What is expected = Take the lines below between the one holding "key row = row / 2 ∷ []" and the one holding "(err (domain_error (optimistic_lock", inclusive, and copy them exactly. Add nothing.

------------------------------------

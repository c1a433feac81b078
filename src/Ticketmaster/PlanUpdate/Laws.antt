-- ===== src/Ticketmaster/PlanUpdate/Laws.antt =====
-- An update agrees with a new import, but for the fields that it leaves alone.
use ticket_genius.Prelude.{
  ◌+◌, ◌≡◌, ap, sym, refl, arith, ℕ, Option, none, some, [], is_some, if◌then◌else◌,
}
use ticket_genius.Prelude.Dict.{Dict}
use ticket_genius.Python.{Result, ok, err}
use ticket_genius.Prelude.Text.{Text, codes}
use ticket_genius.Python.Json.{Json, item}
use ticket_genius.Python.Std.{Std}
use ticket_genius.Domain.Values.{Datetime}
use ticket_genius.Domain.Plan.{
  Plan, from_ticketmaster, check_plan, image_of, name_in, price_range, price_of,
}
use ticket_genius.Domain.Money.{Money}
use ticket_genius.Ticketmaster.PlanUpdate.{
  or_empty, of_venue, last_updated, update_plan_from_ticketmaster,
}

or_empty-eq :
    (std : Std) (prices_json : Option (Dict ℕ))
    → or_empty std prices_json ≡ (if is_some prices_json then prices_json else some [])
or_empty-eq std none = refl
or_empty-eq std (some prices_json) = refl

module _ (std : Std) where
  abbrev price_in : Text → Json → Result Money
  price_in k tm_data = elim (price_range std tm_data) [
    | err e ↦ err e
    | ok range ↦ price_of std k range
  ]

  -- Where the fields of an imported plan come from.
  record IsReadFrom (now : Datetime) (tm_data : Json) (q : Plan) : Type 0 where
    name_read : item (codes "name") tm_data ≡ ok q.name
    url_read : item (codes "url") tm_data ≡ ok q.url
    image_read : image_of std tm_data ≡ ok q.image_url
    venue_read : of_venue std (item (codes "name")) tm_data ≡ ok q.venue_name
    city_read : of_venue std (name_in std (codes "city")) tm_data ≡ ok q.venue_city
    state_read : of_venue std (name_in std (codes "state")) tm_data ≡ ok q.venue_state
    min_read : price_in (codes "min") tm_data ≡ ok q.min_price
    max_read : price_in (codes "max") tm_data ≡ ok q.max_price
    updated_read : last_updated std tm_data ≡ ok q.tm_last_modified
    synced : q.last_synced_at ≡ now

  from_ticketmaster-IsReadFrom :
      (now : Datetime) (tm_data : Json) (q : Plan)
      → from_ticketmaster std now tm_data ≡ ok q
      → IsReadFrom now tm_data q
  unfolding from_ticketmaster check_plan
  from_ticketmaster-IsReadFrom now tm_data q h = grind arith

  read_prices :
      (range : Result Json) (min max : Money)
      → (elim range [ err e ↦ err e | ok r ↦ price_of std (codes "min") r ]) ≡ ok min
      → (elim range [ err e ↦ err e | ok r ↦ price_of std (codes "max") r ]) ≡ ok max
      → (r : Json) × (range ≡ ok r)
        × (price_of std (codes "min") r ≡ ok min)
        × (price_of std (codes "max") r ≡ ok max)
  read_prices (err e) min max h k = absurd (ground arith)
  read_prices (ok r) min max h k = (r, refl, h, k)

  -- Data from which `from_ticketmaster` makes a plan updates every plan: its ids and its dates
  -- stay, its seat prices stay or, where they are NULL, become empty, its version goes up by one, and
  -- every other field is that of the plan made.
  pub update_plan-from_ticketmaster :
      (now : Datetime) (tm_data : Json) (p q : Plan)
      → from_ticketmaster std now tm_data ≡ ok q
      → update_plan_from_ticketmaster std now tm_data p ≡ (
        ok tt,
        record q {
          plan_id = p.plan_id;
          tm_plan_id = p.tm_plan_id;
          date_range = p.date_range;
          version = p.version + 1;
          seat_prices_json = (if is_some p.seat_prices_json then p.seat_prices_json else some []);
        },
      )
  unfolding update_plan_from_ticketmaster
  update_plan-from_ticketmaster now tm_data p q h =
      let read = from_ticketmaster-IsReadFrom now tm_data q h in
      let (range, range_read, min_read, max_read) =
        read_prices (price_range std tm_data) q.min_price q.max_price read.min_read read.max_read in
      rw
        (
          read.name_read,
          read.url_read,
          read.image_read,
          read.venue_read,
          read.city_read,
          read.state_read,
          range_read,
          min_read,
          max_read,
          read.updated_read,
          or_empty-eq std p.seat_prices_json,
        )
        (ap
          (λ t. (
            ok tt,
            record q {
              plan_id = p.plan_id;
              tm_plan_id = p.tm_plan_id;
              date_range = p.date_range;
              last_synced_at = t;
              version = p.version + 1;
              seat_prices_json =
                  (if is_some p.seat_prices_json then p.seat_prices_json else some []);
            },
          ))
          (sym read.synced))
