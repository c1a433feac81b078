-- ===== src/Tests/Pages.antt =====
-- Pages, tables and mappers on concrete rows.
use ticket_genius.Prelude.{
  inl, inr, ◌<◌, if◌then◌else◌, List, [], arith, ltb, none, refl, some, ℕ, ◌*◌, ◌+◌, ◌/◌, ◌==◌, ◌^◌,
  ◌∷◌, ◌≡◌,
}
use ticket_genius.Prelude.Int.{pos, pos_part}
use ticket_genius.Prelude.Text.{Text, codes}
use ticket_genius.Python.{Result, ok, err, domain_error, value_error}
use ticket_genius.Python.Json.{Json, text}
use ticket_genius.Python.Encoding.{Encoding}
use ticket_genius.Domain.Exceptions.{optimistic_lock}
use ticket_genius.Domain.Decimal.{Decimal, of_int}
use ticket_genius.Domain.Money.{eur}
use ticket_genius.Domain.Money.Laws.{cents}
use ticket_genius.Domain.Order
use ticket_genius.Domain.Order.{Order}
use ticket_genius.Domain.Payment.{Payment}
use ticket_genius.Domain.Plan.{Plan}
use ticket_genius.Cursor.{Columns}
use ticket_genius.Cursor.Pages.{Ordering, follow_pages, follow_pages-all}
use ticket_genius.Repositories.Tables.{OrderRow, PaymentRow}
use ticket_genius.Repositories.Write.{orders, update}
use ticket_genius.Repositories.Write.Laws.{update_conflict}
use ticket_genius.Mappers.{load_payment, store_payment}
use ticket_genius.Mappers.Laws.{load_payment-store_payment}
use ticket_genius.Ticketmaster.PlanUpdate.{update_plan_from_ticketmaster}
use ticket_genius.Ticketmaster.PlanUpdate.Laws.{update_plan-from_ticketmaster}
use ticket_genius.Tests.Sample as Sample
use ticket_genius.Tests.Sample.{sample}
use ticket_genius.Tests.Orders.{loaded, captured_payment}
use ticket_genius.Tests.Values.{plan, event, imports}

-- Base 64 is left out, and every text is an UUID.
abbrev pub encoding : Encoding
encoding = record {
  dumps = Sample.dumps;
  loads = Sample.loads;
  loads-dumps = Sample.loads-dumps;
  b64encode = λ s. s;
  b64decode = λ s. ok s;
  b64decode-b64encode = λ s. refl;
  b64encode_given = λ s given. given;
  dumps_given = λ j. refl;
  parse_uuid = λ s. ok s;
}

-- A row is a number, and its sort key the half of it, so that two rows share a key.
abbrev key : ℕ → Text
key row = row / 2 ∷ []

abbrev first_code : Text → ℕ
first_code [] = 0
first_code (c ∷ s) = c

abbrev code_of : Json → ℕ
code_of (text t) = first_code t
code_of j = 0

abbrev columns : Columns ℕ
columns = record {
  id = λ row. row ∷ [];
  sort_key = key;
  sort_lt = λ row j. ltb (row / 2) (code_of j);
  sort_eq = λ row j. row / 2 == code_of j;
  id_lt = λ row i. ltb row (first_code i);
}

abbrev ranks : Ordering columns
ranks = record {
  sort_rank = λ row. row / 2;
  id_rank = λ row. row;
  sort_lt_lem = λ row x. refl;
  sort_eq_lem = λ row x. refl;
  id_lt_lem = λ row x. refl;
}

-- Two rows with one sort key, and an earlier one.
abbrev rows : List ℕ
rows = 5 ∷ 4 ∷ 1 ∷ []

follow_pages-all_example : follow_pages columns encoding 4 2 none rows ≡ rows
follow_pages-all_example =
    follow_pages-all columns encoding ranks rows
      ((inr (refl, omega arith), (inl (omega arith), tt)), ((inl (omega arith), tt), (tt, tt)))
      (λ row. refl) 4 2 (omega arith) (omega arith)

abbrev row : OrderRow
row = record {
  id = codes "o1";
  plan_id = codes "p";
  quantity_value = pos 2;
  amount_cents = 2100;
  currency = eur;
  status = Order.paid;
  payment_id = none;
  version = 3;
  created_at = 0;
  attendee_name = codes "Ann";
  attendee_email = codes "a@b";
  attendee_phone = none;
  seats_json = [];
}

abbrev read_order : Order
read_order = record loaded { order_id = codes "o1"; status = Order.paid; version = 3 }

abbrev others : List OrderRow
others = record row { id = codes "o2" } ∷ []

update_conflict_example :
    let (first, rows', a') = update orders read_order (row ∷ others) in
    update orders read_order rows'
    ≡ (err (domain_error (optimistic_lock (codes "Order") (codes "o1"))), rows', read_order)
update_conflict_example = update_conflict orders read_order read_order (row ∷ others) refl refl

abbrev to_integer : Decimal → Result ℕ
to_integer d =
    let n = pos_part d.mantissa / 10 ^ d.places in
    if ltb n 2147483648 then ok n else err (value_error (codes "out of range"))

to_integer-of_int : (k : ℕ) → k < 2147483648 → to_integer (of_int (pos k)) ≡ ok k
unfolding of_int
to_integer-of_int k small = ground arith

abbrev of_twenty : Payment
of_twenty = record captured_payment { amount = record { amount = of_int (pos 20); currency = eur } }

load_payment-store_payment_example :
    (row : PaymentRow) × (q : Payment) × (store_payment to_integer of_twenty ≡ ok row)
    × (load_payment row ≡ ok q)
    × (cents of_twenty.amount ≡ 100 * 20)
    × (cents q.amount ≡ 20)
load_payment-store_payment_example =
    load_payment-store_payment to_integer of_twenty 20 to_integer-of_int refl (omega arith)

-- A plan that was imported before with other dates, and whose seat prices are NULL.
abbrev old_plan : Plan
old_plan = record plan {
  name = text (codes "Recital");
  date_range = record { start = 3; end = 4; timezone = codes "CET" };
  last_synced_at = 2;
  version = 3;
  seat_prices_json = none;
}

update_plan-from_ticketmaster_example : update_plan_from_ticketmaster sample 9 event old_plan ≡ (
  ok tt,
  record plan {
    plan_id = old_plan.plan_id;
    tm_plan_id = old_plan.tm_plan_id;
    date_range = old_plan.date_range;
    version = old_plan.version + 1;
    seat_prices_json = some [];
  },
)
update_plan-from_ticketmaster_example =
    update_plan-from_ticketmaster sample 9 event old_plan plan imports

------------------------------------

Output below =
key row = row / 2 ∷ []

abbrev first_code : Text → ℕ
first_code [] = 0
first_code (c ∷ s) = c

abbrev code_of : Json → ℕ
code_of (text t) = first_code t
code_of j = 0

abbrev columns : Columns ℕ
columns = record {
  id = λ row. row ∷ [];
  sort_key = key;
  sort_lt = λ row j. ltb (row / 2) (code_of j);
  sort_eq = λ row j. row / 2 == code_of j;
  id_lt = λ row i. ltb row (first_code i);
}

abbrev ranks : Ordering columns
ranks = record {
  sort_rank = λ row. row / 2;
  id_rank = λ row. row;
  sort_lt_lem = λ row x. refl;
  sort_eq_lem = λ row x. refl;
  id_lt_lem = λ row x. refl;
}

-- Two rows with one sort key, and an earlier one.
abbrev rows : List ℕ
rows = 5 ∷ 4 ∷ 1 ∷ []

follow_pages-all_example : follow_pages columns encoding 4 2 none rows ≡ rows
follow_pages-all_example =
    follow_pages-all columns encoding ranks rows
      ((inr (refl, omega arith), (inl (omega arith), tt)), ((inl (omega arith), tt), (tt, tt)))
      (λ row. refl) 4 2 (omega arith) (omega arith)

abbrev row : OrderRow
row = record {
  id = codes "o1";
  plan_id = codes "p";
  quantity_value = pos 2;
  amount_cents = 2100;
  currency = eur;
  status = Order.paid;
  payment_id = none;
  version = 3;
  created_at = 0;
  attendee_name = codes "Ann";
  attendee_email = codes "a@b";
  attendee_phone = none;
  seats_json = [];
}

abbrev read_order : Order
read_order = record loaded { order_id = codes "o1"; status = Order.paid; version = 3 }

abbrev others : List OrderRow
others = record row { id = codes "o2" } ∷ []

update_conflict_example :
    let (first, rows', a') = update orders read_order (row ∷ others) in
    update orders read_order rows'
    ≡ (err (domain_error (optimistic_lock (codes "Order") (codes "o1"))), rows', read_order)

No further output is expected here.